(Collected data)

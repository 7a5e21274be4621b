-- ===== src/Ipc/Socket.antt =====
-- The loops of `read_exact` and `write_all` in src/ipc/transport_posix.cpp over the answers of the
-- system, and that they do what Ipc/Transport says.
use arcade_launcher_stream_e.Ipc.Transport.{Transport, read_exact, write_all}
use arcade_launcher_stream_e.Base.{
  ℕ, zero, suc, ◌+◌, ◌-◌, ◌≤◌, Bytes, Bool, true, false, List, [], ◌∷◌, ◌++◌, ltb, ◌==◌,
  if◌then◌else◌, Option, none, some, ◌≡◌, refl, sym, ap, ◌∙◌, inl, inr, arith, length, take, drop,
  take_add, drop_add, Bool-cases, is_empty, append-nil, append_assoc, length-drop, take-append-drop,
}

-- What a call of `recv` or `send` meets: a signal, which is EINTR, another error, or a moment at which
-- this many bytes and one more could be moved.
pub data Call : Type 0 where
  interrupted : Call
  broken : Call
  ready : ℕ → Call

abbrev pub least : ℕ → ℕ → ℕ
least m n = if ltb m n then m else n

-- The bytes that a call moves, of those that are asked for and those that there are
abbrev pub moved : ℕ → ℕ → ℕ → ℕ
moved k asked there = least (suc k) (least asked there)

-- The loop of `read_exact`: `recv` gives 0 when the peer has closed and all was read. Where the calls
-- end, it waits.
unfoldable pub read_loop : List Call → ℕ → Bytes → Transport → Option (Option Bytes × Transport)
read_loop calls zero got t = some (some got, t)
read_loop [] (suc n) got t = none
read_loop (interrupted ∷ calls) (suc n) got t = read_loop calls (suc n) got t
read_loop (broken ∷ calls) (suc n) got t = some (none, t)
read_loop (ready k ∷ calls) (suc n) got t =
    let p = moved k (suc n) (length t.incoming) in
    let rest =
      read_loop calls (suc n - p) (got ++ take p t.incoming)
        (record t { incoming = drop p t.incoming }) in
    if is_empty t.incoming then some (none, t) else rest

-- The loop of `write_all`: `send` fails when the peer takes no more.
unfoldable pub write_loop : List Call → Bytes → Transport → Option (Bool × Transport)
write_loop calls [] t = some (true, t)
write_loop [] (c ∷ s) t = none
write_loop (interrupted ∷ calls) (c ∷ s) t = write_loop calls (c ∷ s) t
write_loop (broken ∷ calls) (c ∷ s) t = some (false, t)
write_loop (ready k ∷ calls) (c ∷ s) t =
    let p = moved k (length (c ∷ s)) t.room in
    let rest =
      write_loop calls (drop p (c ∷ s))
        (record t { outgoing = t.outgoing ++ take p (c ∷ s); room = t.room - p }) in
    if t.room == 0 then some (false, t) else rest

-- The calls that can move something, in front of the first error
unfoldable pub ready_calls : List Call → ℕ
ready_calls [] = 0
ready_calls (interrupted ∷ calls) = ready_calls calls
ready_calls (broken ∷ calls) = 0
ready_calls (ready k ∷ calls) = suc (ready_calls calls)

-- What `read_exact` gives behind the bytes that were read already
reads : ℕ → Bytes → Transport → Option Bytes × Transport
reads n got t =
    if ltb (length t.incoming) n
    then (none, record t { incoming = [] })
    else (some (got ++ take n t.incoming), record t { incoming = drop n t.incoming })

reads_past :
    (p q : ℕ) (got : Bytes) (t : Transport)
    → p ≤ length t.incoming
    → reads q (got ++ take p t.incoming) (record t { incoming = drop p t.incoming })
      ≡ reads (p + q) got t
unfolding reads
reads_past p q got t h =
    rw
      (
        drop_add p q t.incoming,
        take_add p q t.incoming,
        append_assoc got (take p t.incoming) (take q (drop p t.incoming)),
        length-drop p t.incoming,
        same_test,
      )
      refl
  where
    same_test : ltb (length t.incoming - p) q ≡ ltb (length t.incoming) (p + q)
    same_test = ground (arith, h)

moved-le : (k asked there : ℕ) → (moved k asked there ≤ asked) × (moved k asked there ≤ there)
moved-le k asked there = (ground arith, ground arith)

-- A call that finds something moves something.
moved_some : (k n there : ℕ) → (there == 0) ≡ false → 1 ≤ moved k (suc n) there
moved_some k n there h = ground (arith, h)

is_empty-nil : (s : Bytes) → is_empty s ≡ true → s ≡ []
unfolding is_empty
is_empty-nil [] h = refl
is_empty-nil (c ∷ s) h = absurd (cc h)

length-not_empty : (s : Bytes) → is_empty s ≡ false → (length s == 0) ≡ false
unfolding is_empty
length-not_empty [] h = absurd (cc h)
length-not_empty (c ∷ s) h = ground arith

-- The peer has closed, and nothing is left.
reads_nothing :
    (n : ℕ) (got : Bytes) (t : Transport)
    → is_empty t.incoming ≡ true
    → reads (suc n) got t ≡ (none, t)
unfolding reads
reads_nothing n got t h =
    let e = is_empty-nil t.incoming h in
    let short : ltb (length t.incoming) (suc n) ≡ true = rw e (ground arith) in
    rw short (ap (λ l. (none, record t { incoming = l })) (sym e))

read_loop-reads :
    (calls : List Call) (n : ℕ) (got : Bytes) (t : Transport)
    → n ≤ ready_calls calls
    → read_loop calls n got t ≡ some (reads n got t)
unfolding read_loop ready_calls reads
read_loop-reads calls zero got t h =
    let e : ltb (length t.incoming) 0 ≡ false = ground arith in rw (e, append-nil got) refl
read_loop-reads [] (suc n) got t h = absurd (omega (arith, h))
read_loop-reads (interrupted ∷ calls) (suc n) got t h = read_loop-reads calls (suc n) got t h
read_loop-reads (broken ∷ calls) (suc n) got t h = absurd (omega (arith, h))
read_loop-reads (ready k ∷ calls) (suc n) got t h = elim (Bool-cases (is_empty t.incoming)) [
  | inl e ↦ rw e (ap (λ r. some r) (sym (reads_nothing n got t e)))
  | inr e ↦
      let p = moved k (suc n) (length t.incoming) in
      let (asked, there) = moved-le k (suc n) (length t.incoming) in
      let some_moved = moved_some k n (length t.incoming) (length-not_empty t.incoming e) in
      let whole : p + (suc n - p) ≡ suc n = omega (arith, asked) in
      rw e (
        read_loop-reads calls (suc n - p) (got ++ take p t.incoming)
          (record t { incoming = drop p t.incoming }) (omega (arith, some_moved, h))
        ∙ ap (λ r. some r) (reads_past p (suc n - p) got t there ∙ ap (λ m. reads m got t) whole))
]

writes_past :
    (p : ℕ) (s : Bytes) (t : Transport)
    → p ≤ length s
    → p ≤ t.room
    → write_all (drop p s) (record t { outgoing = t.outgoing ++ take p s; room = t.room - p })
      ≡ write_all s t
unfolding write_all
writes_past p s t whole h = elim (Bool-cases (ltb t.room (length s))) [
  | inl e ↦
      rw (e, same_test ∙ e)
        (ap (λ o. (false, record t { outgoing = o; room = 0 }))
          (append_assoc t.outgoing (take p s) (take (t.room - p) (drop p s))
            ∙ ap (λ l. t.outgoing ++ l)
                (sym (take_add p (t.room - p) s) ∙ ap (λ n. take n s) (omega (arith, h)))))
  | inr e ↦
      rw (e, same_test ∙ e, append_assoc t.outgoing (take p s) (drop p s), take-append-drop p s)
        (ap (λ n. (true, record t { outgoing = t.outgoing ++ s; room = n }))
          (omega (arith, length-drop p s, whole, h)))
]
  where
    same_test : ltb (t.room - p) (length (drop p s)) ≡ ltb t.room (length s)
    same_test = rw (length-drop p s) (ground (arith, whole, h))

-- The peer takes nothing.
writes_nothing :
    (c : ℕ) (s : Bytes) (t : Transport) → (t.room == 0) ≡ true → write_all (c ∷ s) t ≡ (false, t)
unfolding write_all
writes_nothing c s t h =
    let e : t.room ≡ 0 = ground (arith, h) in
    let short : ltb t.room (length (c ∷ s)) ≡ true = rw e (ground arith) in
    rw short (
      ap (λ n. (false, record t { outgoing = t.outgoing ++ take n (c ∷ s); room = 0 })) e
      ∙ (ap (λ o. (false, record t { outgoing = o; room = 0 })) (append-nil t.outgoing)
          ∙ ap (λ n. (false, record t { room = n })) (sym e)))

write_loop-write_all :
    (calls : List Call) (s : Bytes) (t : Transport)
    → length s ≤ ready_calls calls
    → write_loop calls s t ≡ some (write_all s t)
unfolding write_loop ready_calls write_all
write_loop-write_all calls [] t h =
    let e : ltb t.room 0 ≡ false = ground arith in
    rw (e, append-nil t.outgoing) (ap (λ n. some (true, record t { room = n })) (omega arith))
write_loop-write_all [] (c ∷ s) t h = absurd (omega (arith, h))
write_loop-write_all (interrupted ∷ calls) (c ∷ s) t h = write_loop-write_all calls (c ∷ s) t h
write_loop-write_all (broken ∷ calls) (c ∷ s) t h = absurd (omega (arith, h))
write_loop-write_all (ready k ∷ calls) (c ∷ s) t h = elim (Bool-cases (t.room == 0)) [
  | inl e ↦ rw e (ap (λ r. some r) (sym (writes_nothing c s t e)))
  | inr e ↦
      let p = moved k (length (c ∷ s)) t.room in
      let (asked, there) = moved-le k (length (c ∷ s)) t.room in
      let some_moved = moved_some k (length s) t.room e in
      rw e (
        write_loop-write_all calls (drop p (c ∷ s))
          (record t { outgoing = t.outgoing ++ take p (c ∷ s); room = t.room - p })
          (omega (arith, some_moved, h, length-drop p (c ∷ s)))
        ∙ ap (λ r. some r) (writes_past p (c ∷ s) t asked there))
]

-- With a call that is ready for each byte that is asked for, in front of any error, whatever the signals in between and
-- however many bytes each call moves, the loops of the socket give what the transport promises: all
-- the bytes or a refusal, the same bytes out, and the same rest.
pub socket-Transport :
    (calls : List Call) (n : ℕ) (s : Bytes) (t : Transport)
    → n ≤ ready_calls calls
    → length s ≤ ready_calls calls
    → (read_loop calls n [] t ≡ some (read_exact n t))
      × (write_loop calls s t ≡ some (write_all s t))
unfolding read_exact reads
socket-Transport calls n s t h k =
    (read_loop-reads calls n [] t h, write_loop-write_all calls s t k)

§ Assignment: Using the data above, reproduce exactly the lines between those holding "read_loop calls zero" and "read_loop calls (suc n - p)", inclusive, and no others.

§ Output:
read_loop calls zero got t = some (some got, t)
read_loop [] (suc n) got t = none
read_loop (interrupted ∷ calls) (suc n) got t = read_loop calls (suc n) got t
read_loop (broken ∷ calls) (suc n) got t = some (none, t)
read_loop (ready k ∷ calls) (suc n) got t =
    let p = moved k (suc n) (length t.incoming) in
    let rest =
      read_loop calls (suc n - p) (got ++ take p t.incoming)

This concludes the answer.